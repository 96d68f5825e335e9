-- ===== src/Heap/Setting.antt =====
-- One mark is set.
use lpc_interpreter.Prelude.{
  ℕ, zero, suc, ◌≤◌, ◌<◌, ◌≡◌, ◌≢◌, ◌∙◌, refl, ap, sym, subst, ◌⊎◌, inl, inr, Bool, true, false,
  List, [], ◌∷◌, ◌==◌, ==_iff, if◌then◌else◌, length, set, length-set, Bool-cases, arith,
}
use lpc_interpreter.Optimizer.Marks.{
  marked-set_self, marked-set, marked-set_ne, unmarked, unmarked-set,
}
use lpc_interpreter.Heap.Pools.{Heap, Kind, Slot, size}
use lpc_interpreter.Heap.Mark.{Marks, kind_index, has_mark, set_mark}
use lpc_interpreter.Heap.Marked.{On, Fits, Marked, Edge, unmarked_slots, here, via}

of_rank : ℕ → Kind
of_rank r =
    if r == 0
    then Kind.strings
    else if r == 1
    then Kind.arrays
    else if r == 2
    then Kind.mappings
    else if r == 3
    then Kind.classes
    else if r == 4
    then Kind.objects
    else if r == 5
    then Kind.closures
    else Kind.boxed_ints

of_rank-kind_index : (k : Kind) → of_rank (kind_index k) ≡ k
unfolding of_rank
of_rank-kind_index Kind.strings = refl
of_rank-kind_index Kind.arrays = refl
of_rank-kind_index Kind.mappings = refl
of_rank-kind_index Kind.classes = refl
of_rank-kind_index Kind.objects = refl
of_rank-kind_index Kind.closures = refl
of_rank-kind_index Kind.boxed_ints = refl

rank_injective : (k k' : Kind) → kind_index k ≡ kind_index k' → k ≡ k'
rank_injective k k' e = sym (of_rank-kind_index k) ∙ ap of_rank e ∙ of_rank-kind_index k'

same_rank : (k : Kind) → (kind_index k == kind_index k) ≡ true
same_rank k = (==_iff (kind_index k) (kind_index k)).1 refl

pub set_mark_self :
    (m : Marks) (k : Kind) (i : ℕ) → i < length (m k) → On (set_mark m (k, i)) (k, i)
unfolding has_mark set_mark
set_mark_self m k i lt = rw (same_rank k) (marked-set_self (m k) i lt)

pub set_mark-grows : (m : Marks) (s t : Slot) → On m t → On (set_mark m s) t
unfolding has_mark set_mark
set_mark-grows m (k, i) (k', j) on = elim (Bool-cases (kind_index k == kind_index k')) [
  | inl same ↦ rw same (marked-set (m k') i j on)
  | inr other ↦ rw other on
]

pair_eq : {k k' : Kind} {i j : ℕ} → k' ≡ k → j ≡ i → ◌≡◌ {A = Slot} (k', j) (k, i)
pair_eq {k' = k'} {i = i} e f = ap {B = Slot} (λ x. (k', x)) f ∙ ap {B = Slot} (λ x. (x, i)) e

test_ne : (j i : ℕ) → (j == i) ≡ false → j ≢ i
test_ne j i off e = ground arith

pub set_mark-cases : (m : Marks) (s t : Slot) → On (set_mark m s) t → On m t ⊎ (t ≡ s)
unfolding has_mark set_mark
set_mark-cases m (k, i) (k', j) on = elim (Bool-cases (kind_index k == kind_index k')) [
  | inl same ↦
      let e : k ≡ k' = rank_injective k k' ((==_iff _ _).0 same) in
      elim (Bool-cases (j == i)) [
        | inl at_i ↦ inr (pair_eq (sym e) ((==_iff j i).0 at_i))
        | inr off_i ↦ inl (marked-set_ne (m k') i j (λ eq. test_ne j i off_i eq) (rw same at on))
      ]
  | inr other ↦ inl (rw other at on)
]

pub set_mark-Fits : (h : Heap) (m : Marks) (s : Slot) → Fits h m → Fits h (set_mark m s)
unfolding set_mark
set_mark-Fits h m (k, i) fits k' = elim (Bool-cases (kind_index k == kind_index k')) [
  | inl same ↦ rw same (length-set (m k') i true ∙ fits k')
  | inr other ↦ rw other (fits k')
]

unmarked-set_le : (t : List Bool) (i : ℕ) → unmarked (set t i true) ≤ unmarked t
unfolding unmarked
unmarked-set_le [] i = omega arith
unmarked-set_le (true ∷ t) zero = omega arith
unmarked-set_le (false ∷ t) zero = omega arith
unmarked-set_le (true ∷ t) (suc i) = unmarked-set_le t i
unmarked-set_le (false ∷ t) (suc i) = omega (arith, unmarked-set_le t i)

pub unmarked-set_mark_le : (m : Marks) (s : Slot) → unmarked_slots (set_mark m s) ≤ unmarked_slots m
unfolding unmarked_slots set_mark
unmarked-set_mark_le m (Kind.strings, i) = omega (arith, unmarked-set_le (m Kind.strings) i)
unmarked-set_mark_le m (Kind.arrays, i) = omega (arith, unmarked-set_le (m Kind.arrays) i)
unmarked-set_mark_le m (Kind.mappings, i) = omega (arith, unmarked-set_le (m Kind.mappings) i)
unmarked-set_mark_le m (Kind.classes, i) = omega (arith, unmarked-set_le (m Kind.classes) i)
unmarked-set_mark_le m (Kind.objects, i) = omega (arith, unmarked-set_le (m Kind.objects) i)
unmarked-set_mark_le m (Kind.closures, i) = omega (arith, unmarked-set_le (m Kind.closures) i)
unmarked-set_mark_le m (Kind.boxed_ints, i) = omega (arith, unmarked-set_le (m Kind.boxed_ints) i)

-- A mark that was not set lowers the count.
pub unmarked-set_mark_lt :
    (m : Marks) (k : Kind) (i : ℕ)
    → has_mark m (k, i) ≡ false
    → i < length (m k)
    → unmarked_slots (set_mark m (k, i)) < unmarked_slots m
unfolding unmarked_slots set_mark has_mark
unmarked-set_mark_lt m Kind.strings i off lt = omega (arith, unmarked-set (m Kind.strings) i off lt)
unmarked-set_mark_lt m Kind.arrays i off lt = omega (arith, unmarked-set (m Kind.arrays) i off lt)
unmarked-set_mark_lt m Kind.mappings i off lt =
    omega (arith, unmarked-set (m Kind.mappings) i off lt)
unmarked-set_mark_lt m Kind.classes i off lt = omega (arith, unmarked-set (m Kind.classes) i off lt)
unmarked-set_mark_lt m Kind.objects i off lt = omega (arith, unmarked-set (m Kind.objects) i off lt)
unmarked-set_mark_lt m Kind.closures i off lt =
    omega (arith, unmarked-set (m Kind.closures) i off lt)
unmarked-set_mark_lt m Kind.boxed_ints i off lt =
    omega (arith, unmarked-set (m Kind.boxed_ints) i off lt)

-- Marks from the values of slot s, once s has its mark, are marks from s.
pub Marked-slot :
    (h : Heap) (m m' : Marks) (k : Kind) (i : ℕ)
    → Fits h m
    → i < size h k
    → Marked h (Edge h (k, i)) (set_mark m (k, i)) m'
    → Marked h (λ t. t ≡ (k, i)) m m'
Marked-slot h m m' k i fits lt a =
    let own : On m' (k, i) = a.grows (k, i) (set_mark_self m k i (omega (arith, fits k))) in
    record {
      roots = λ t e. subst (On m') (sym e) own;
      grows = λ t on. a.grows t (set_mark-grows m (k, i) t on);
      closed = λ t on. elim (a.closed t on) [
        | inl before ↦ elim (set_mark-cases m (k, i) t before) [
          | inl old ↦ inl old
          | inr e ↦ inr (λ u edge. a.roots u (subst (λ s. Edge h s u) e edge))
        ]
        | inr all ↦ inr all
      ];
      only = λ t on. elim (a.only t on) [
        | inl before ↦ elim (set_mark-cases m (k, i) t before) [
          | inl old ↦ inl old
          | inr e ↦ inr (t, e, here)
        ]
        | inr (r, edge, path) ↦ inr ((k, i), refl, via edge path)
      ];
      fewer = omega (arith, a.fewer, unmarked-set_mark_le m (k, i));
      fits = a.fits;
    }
+-------+
What needs to be done:
Looking at the records above, return exactly the lines from the line with "(k, i) ≡ false" to the line with "unmarked-set_mark_lt m Kind.objects", both ends included.

Problem solution:
    → has_mark m (k, i) ≡ false
    → i < length (m k)
    → unmarked_slots (set_mark m (k, i)) < unmarked_slots m
unfolding unmarked_slots set_mark has_mark
unmarked-set_mark_lt m Kind.strings i off lt = omega (arith, unmarked-set (m Kind.strings) i off lt)
unmarked-set_mark_lt m Kind.arrays i off lt = omega (arith, unmarked-set (m Kind.arrays) i off lt)
unmarked-set_mark_lt m Kind.mappings i off lt =
    omega (arith, unmarked-set (m Kind.mappings) i off lt)
unmarked-set_mark_lt m Kind.classes i off lt = omega (arith, unmarked-set (m Kind.classes) i off lt)
unmarked-set_mark_lt m Kind.objects i off lt = omega (arith, unmarked-set (m Kind.objects) i off lt)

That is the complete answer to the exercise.